Human neutrophils were freshly isolated and 1×10⁶ 0.5 ml⁻¹ cells were incubated with live bacteria, which were grown in overnight cultures and used for stimulating cells at an multiplicity of infection (MOI 10–200) as indicated. In these experiments we used heterologous expression strains of TM300 and Cowan I (A, E, F), the wild-type strain USA300 and its knock-out mutant USA300ΔPVL (B) and pvl-positive (C) and pvl-negative (D) clinical isolates from invasive diseases. After 1 h of incubation with bacteria the cells were washed, stained with annexin V and propidium iodide (taking another hour) and then cell death was measured by flow cytometry. The values represent the mean ± SEM of at least three independent experiments.
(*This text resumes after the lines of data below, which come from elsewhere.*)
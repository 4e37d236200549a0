-- ===== src/Machines/Checked.antt =====
-- Every machine and project that is loaded passed its checks.
use worker_harness.Base.{
  String, true, false, Option, none, some, [], ◌∷◌, ◌≡◌, ◌≤◌, ◌∙◌, ap, sym, subst, refl, arith, inl,
  inr, ◌==◌, string_eq, starts_with, is_empty, if◌then◌else◌, Bool-cases,
}
use worker_harness.Dict
use worker_harness.Dict.{Dict}
use worker_harness.Dict.Laws.{get-put, get-put-other}
use worker_harness.Paths.{slash, has_char, rstrip_char}
use worker_harness.Machines.{
  Project, Item, table, other, Document, unreadable, not_a_table, entries, project_of, load_entries,
  load_document, load_projects, text_of,
}
use worker_harness.Table.{All}

module _ {A : Type 0} (P : String → A → Type 0) where
  abbrev AllEntries : Dict A → Type 0
  AllEntries = All (λ e. P e.0 e.1)

  put-AllEntries :
      (k : String) (a : A) (d : Dict A) → P k a → AllEntries d → AllEntries (Dict.put k a d)
  unfolding Dict.put
  put-AllEntries k a [] p h = (p, tt)
  put-AllEntries k a ((j, b) ∷ d) p (q, rest) = elim (Bool-cases (j == k)) [
    | inl e ↦ rw e (p, rest)
    | inr e ↦ rw e (q, put-AllEntries k a d p rest)
  ]

  module _ (accept : String → Dict String → Option A)
      (sound : (name : String) (entry : Dict String) (a : A)
        → accept name entry ≡ some a
        → P name a) where
    accepted-AllEntries :
        (name : String) (r : Option A) (found : Dict A)
        → ((a : A) → r ≡ some a → P name a)
        → AllEntries found
        → AllEntries (elim r as (λ _. Dict A) [ none ↦ found | some a ↦ Dict.put name a found ])
    accepted-AllEntries name none found s h = h
    accepted-AllEntries name (some a) found s h = put-AllEntries name a found (s a refl) h

    load_entries-AllEntries :
        (es : Dict Item) (found : Dict A)
        → AllEntries found
        → AllEntries (load_entries accept es found)
    unfolding load_entries
    load_entries-AllEntries [] found h = h
    load_entries-AllEntries ((name, other) ∷ es) found h = load_entries-AllEntries es found h
    load_entries-AllEntries ((name, table entry) ∷ es) found h =
        load_entries-AllEntries es _
          (accepted-AllEntries name (accept name entry) found (sound name entry) h)

    load_document-AllEntries : (d : Document) → AllEntries (load_document accept d)
    unfolding load_document
    load_document-AllEntries unreadable = tt
    load_document-AllEntries not_a_table = tt
    load_document-AllEntries (entries es) = load_entries-AllEntries es [] tt

pub record IsProject (name : String) (p : Project) : Type 0 where
  pub named : p.name ≡ name
  pub machine_given : is_empty p.machine ≡ false
  pub repo_absolute : starts_with "/" p.repo ≡ true
  pub remote_slug : has_char slash p.remote ≡ true

project_of-IsProject :
    (name : String) (entry : Dict String) (p : Project)
    → project_of name entry ≡ some p
    → IsProject name p
unfolding project_of
project_of-IsProject name entry p e = record {
  named = ground arith;
  machine_given = ground arith;
  repo_absolute = ground arith;
  remote_slug = ground arith;
}

module _ {A : Type 0} (accept : String → Dict String → Option A) where
  -- What a later entry of another name leaves.
  accept_other :
      (name k : String) (item : Item) (found : Dict A)
      → (k == name) ≡ false
      → Dict.get name (load_entries accept ((k, item) ∷ []) found) ≡ Dict.get name found
  unfolding load_entries
  accept_other name k other found ne = refl
  accept_other name k (table entry) found ne = by_result (accept k entry)
    where
      by_result :
          (r : Option A)
          → Dict.get name (elim r as (λ _. Dict A) [ none ↦ found | some a ↦ Dict.put k a found ])
            ≡ Dict.get name found
      by_result none = refl
      by_result (some a) =
          get-put-other k name a found
            (λ same. absurd (ground (arith, same, string_eq.eq?_iff k name)))

  accept_own :
      (name : String) (entry : Dict String) (a : A) (found : Dict A)
      → accept name entry ≡ some a
      → Dict.get name (load_entries accept ((name, table entry) ∷ []) found) ≡ some a
  unfolding load_entries
  accept_own name entry a found accepted = by_result (accept name entry) accepted
    where
      by_result :
          (r : Option A)
          → r ≡ some a
          → Dict.get name
              (elim r as (λ _. Dict A) [ none ↦ found | some b ↦ Dict.put name b found ])
            ≡ some a
      by_result none h = absurd (ground arith)
      by_result (some b) h = get-put name b found ∙ h

  load_entries_split :
      (k : String) (item : Item) (es : Dict Item) (found : Dict A)
      → load_entries accept ((k, item) ∷ es) found
        ≡ load_entries accept es (load_entries accept ((k, item) ∷ []) found)
  unfolding load_entries
  load_entries_split k item es found = refl

  -- A name that no entry has keeps what was found.
  load_entries_absent :
      (name : String) (es : Dict Item) (found : Dict A)
      → Dict.count_key name es ≡ 0
      → Dict.get name (load_entries accept es found) ≡ Dict.get name found
  unfolding Dict.count_key
  load_entries_absent name [] found h = unfold load_entries in refl
  load_entries_absent name ((k, item) ∷ es) found h =
      ap (λ d. Dict.get name d) (load_entries_split k item es found)
      ∙ load_entries_absent name es _ (ground (arith, h))
      ∙ accept_other name k item found (ground (arith, h))

  -- An entry that is accepted is loaded, whatever the other entries are.
  load_entries_complete :
      (name : String) (es : Dict Item) (found : Dict A) (entry : Dict String) (a : A)
      → Dict.count_key name es ≤ 1
      → Dict.get name es ≡ some (table entry)
      → accept name entry ≡ some a
      → Dict.get name (load_entries accept es found) ≡ some a
  unfolding Dict.count_key Dict.get load_entries
  load_entries_complete name [] found entry a one e accepted = absurd (ground arith)
  load_entries_complete name ((k, item) ∷ es) found entry a one e accepted =
      elim (Bool-cases (k == name)) [
        | inr differs ↦
            load_entries_complete name es (load_entries accept ((k, item) ∷ []) found) entry a
              (ground (arith, one, differs)) (ground (arith, e, differs)) accepted
        | inl same ↦
            let alone =
              load_entries_absent name es (load_entries accept ((k, item) ∷ []) found)
                (ground (arith, one, same)) in
            let own : item ≡ table entry = ground (arith, e, same) in
            let key : k ≡ name = (string_eq.eq?_iff k name).0 same in
            alone
            ∙ subst (λ i. Dict.get name (load_entries accept ((k, i) ∷ []) found) ≡ some a)
                (sym own)
                (subst
                  (λ n. Dict.get name (load_entries accept ((n, table entry) ∷ []) found) ≡ some a)
                  (sym key) (accept_own name entry a found accepted))
      ]

-- An entry with a machine, an absolute repository and a remote with an owner.
pub record IsComplete (entry : Dict String) : Type 0 where
  pub machine_given : is_empty (text_of "machine" "" entry) ≡ false
  pub repo_absolute : starts_with "/" (rstrip_char slash (text_of "repo" "" entry)) ≡ true
  pub remote_slug : has_char slash (text_of "remote" "" entry) ≡ true

-- The project of an entry.
pub record IsOf (name : String) (entry : Dict String) (p : Project) : Type 0 where
  pub named : p.name ≡ name
  pub machine : p.machine ≡ text_of "machine" "" entry
  pub repo : p.repo ≡ rstrip_char slash (text_of "repo" "" entry)
  pub remote : p.remote ≡ text_of "remote" "" entry

project_of-IsOf :
    (name : String) (entry : Dict String)
    → IsComplete entry
    → (p : Project) × (project_of name entry ≡ some p) × IsOf name entry p
unfolding project_of
project_of-IsOf name entry h = (
  record {
    name = name;
    machine = text_of "machine" "" entry;
    repo = rstrip_char slash (text_of "repo" "" entry);
    remote = text_of "remote" "" entry;
    base_branch =
        if is_empty (text_of "base_branch" "main" entry)
        then "main"
        else text_of "base_branch" "main" entry;
  },
  ground (arith, h.machine_given, h.repo_absolute, h.remote_slug),
  record { named = refl; machine = refl; repo = refl; remote = refl },
)

-- Every project that is loaded is kept under its own name and has a machine, an absolute repository
-- and a remote with an owner, whatever the file holds. Every complete entry whose name occurs once is
-- loaded with its machine, repository and remote, whatever the other entries are: one that is refused
-- stops no other.
pub load_projects-IsProject :
    (d : Document)
    → All (λ e. IsProject e.0 e.1) (load_projects d)
      × ((es : Dict Item) (name : String) (entry : Dict String)
          → d ≡ entries es
          → Dict.count_key name es ≤ 1
          → Dict.get name es ≡ some (table entry)
          → IsComplete entry
          → (p : Project) × (Dict.get name (load_projects d) ≡ some p) × IsOf name entry p)
unfolding load_projects load_document
load_projects-IsProject d = (
  load_document-AllEntries IsProject project_of project_of-IsProject d,
  λ es name entry same once there complete.
      let (p, accepted, of) = project_of-IsOf name entry complete in
      (p, rw same (load_entries_complete project_of name es [] entry p once there accepted), of),
)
Figure 4. Time-dependent effect of purified PVL vs. live bacteria on neutrophil cell death induction.

Human neutrophils were freshly isolated and 1×10⁶ 0.5 ml⁻¹ cells were stimulated with purified PVL (A) or with live bacteria of wild-type strains at an MOI of 100 (B). Cell death was determined every 15 min. For this, cells were washed, rapidly (for 5 min) stained with PI and cell death was instantly determined by flow cytometry. The values represent the mean ± SEM of at least three independent experiments.
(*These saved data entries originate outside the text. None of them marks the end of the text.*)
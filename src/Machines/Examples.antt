-- ===== src/Machines/Examples.antt =====
-- A projects file with one entry that is refused.
use worker_harness.Base.{[], ◌∷◌}
use worker_harness.Machines.{table, other, Document, entries, load_projects}
use worker_harness.Machines.Checked.{IsProject, load_projects-IsProject}
use worker_harness.Table.{All}

abbrev file : Document
file = entries (
    ("wh", table (("machine", "desktop") ∷ ("repo", "/home/me/wh/") ∷ ("remote", "me/wh") ∷ []))
    ∷ ("bad", table (("repo", "wh") ∷ []))
    ∷ ("odd", other)
    ∷ [])

load_projects-IsProject_example : All (λ e. IsProject e.0 e.1) (load_projects file)
load_projects-IsProject_example = (load_projects-IsProject file).0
Figure 5. The cytotoxic effect of bacterial culture supernatants is dependent on PVL expression.

Human neutrophils were freshly isolated and 1×10⁶ 0.5 ml⁻¹ cells were incubated with bacterial supernatants, which were prepared from overnight cultures of different strains and used for stimulating cells (10%). In these experiments we used bacterial supernatants of the heterologous expression strain TM300+PVL and of the wild-type strain USA300 and its knock-out mutant USA300ΔPVL (A); furthermore we used bacterial supernatants of pvl-positive and pvl-negative clinical isolates from invasive diseases (B). The presence of the pvl-gene in the indicated strains and the amount of PVL production in the bacterial supernatants is given semi-quantitatively as listed in table 1 and demonstrated in Figure S1C. After 30 min of incubation of the cells with bacterial supernatants, cells were washed, rapidly (for 5 min) stained with PI and cell death was instantly determined by flow cytometry. The values represent the mean ± SEM of at least three independent experiments. *** P≤0.001 (independent t-test comparing the rate of intact cells after stimulation with supernatants of USA300 and USA300ΔPVL).